Lagerstätte(複数形:Lagerstätten)とは、ドイツ語で化石の保存状態が極めて良好な場所(サイト)を意味する言葉である。アドルフ・ザイラーが1970年に作った造語で、ソルンホーフェンのように、最も優れた化石が産出される場所を表す。一般的には、通常の堆積場よりも希少で、古生物学的に極めて重要な情報を保存している点で注目される。

分類(大きく二つ)

  • 濃集型(Konzentrations‑Lagerstätte):化石が大量に蓄積しているタイプ。恐竜骨床や海洋生物の大規模集積層など、個体数や骨片の集中が特徴。
  • 保存型(Konservat‑Lagerstätte):軟組織や微細構造が優れた状態で保存されるタイプ。筋肉、羽毛、内臓、皮膚の印象など、通常の化石記録では失われやすい情報を残す。

保存されるメカニズムと環境

保存型ラガーシュテッテでは、以下のような条件が揃うことで軟組織や微細構造が保存されやすくなると考えられている。

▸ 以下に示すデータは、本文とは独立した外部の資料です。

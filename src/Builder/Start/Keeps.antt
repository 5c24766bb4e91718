-- ===== src/Builder/Start/Keeps.antt =====
-- What `build_or_keep` leaves of the disk when it does not build.
use redo.Base.{
  Lacks, ◌≢◌, ◌||◌, Bool, ◌++◌, ◌∷◌, ap, arith, length, length-append, text_eq, text_eq_iff,
  join_with, to_string, ◌≡◌, refl, sym, subst, ◌∙◌, true, false, not, ◌&&◌, Text, Option, none,
  some, inl, inr, ◌⊎◌, Bool-cases, Result, ok, err, ℤ, Result-cases,
}
use redo.Base.Steps.{M, answer, and_then}
use redo.Store.Rows.{File, stamp_missing}
use redo.Store.Stamps.{
  dash, exists, FileSystem, Metadata, print_stamp, read_stamp, read_stamp_st, stamp_of,
  detect_override,
}
use redo.Store.Stamps.Laws.{detect_override-print_stamp}
use redo.Paths.Components.{join}
use redo.Store.Transactions.{commit}
use redo.Store.Files
use redo.Store.Files.{World}
use redo.Store.Locks.{Lock}
use redo.Builder.Build.{Machine, Os, Steps, now}
use redo.Builder.Start.{
  Setting, all_well, is_overridden, save_commit, unlock_target, make_override, keep_override,
  keep_static, build_or_keep,
}

-- The disk is as it was, whether a call failed or not; and what is answered fits.
abbrev pub Fits : {A : Type 0} → (A → Type 0) → Result A → Type 0
Fits P (ok a) = P a
Fits P (err e) = Unit

abbrev pub Untouched : {A : Type 0} → (A → Type 0) → Result A × Machine → Machine → Type 0
Untouched P r m = (r.1.fs ≡ m.fs) × Fits P r.0

and_then-Untouched :
    {A B : Type 0} (P : A → Type 0) (Q : B → Type 0) (r : Result A × Machine) (f : A → M Machine B)
    (m : Machine)
    → Untouched P r m
    → ((a : A) (t : Machine) → P a → Untouched Q (f a t) t)
    → Untouched Q (and_then f r) m
and_then-Untouched P Q (ok a, t) f m h k = let next = k a t h.1 in (next.0 ∙ h.0, next.1)
and_then-Untouched P Q (err e, t) f m h k = (h.0, tt)

abbrev pub Anything : {A : Type 0} → A → Type 0
Anything a = Unit

Fits-Anything : {A : Type 0} (r : Result A) → Fits Anything r
Fits-Anything (ok a) = tt
Fits-Anything (err e) = tt

abbrev pub IsBuilt : ℤ → Type 0
IsBuilt rv = rv ≡ all_well

or_true : (b : Bool) → b || true ≡ true
or_true true = refl
or_true false = refl

-- The stamp of a regular file.
read_stamp-file :
    (fs : FileSystem) (base name : Text) (d : Metadata)
    → fs.lstat (join base name) ≡ some d
    → d.is_dir ≡ false
    → d.is_symlink ≡ false
    → read_stamp fs base name ≡ print_stamp d
unfolding read_stamp read_stamp_st stamp_of
read_stamp-file fs base name d there no_dir no_link = rw (there, no_dir, no_link) refl

-- It is not the stamp of a file that is missing.
print_stamp-there : (d : Metadata) → text_eq (print_stamp d) stamp_missing ≡ false
unfolding print_stamp join_with
print_stamp-there d = elim (Bool-cases (text_eq (print_stamp d) stamp_missing)) [
  | inr other ↦ other
  | inl same ↦
      let e = (text_eq_iff (print_stamp d) stamp_missing).0 same in
      let long = length-append d.mtime (dash ∷ to_string d.size ++ (dash ∷ rest_of d)) in
      let more = length-append (to_string d.size) (dash ∷ rest_of d) in
      absurd (omega (arith, ap length e, long, more))
]
  where
    rest_of : Metadata → Text
    rest_of d =
        to_string d.ino
        ++ (dash ∷ to_string d.mode ++ (dash ∷ to_string d.uid ++ (dash ∷ to_string d.gid)))

detect_override-changed :
    (old new : Metadata)
    → Lacks dash old.mtime
    → Lacks dash new.mtime
    → (old.mtime ≢ new.mtime) ⊎ (old.size ≢ new.size)
    → detect_override (print_stamp old) (print_stamp new) ≡ true
detect_override-changed old new ho hn differs =
    elim (Bool-cases (detect_override (print_stamp old) (print_stamp new))) [
      | inl hit ↦ hit
      | inr miss ↦
          let same = (detect_override-print_stamp old new ho hn).0 miss in
          elim differs [ inl d ↦ absurd (d same.0) | inr d ↦ absurd (d same.1) ]
    ]

-- A file with another time or size than the recorded ones.
abbrev pub Changed : File → Metadata → Type 0
Changed sf new =
    (old : Metadata) × (sf.stamp ≡ some (print_stamp old))
    × Lacks dash old.mtime
    × ((old.mtime ≢ new.mtime) ⊎ (old.size ≢ new.size))

module _ (w : World) (os : Os) (c : Setting) where
  unlock-Untouched :
      (l : Option Lock) (m : Machine) → Untouched Anything (unlock_target w os c l m) m
  unfolding unlock_target
  unlock-Untouched none m = (refl, tt)
  unlock-Untouched (some l) m = (refl, Fits-Anything (unlock_target w os c (some l) m).0)

  ends-Untouched :
      (l : Option Lock) (m : Machine)
      → Untouched IsBuilt (and_then (λ u. answer (ok all_well)) (unlock_target w os c l m)) m
  ends-Untouched l m =
      and_then-Untouched Anything IsBuilt (unlock_target w os c l m) (λ u. answer (ok all_well)) m
        (unlock-Untouched l m) (λ u t h. (refl, refl))

  abbrev saved : File → Machine → Machine
  saved g m = record m { state = commit (Files.save (now w os m) g m.state) }

  keep_static-Untouched :
      (l : Option Lock) (sf : File) (m : Machine) → Untouched IsBuilt (keep_static w os c l sf m) m
  unfolding keep_static save_commit
  keep_static-Untouched l sf m = elim (Result-cases (Files.set_static (now w os m) sf)) [
    | inl (e, refused) ↦ rw refused (refl, tt)
    | inr (g, good) ↦ rw good (ends-Untouched l (saved g m))
  ]

  make_override-Untouched :
      (l : Option Lock) (sf : File) (m : Machine)
      → Untouched IsBuilt (make_override w os c l sf m) m
  unfolding make_override save_commit
  make_override-Untouched l sf m = elim (Result-cases (Files.set_override (now w os m) sf)) [
    | inl (e, refused) ↦ rw refused (refl, tt)
    | inr (g, good) ↦ rw good (ends-Untouched l (saved g m))
  ]

  keep_override-Untouched :
      (l : Option Lock) (sf : File) (m : Machine)
      → Untouched IsBuilt (keep_override w os c l sf m) m
  unfolding keep_override
  keep_override-Untouched l sf m = elim (Bool-cases sf.is_override) [
    | inl old ↦ rw old (ends-Untouched l m)
    | inr new ↦
        subst (λ (k : Steps ℤ). Untouched IsBuilt (k m) m) (sym (pick new))
          (make_override-Untouched l sf m)
  ]
    where
      pick : sf.is_override ≡ false → keep_override w os c l sf ≡ make_override w os c l sf
      pick e = rw e refl

  -- The target was generated, but the file on disk is the user's: it is marked so already, or its time
  -- or size is not the recorded one.
  pub record IsOverride (sf : File) (m : Machine) : Type 0 where
    pub generated : sf.is_generated ≡ true
    pub there : Metadata
    pub on_disk : m.fs.lstat (join w.base sf.name) ≡ some there
    pub no_dir : there.is_dir ≡ false
    pub no_link : there.is_symlink ≡ false
    pub plain : Lacks dash there.mtime
    pub mark : (sf.is_override ≡ true) ⊎ Changed sf there

  is_overridden-IsOverride :
      (sf : File) (m : Machine)
      → IsOverride sf m
      → is_overridden sf (Files.stamp_now (now w os m) sf) ≡ true
  unfolding is_overridden Files.stamp_now read_stamp
  is_overridden-IsOverride sf m o =
      let now_is : Files.stamp_now (now w os m) sf ≡ print_stamp o.there =
        read_stamp-file m.fs w.base sf.name o.there o.on_disk o.no_dir o.no_link in
      let stays = print_stamp-there o.there in
      elim o.mark [
        | inl old ↦ rw (now_is, o.generated, stays, old) refl
        | inr (before, recorded, plain_before, differs) ↦
            let hit = detect_override-changed before o.there plain_before o.plain differs in
            rw (now_is, o.generated, stays, recorded, hit) (or_true sf.is_override)
      ]

  -- A generated target is not built if a regular file is in its place that is marked as the
  -- user's, or whose modification time or size is not the recorded one; and neither is a file
  -- that is there and was not generated. Nothing on the disk changes then, and the status is
  -- 0, unless an error is returned. The recorded stamp is that of a regular file, and times
  -- are not negative.
  pub build_or_keep-Untouched :
      (target : Text) (l : Option Lock) (sf : File) (m : Machine)
      → IsOverride sf m ⊎ (exists m.fs target ≡ true) × (sf.is_generated ≡ false)
      → Untouched IsBuilt (build_or_keep w os c target l sf m) m
  unfolding build_or_keep
  build_or_keep-Untouched target l sf m (inl over) =
      rw (is_overridden-IsOverride sf m over) (keep_override-Untouched l sf m)
  build_or_keep-Untouched target l sf m (inr (there, source)) =
      let own : is_overridden sf (Files.stamp_now (now w os m) sf) ≡ false =
        unfold is_overridden in rw source refl in
      let static : exists m.fs target && not sf.is_generated ≡ true = rw (there, source) refl in
      rw (own, static) (keep_static-Untouched l sf m)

  • 急速な埋没と低酸素(無酸素)底質:分解や摂食を抑え、腐食や散乱を防ぐ。
  • 微細粒の堆積物(泥岩、頁岩、石灰岩の細粒分):微細な印象を忠実に残す。
  • 微生物マットや早期の鉱物置換(例:硫化鉄化=黄鉄鉱化、リン酸塩化、炭化、ケイ素化など):軟組織の化学的保存を促進する。
  • 低エネルギーの堆積環境:物理的な破壊が少ない。

こうした条件の組み合わせにより、骨格の多くが関節した状態で残ることがあり、軟部は印象や鋳型として保存されたり、炭化物やリン酸塩・硫化鉄による三次元的な保存が見られることもある。

代表的なラガーシュテッテ(例)

  • ソルンホーフェン(ドイツ、ジュラ)— Archaeopteryx(始祖鳥)など羽毛や微細構造が良好に保存。
  • バージェス頁岩(カナダ、カンブリア紀)— 多数の軟体動物・節足動物を含み、カンブリア爆発の生物多様性を示す重要資源。
  • 澄江(チョンジャン)生物群(中国、カンブリア紀)— バージェスと並ぶカンブリアの保存型。
  • メッセル・ピット(ドイツ、始新世)— 哺乳類や昆虫、羽毛、内臓の保存が良好で、古環境の復元に重要。
  • サンタナ層(ブラジル、白亜紀)— 魚類や昆虫、爬虫類の三次元保存例が知られる。
  • グリーンリバー層(アメリカ、始新世)— 魚類の化石や藻類の印象が良好。

学術的意義と保護

ラガーシュテッテは、通常の化石記録では観察できない軟組織や微細構造を通じて、系統関係、進化過程、生態や行動、古色(色素の痕跡)まで明らかにできるため、古生物学において極めて重要である。特にカンブリア爆発の理解や羽毛の起源、消化内容物・成長様式の研究などで決定的な証拠を与えてきた。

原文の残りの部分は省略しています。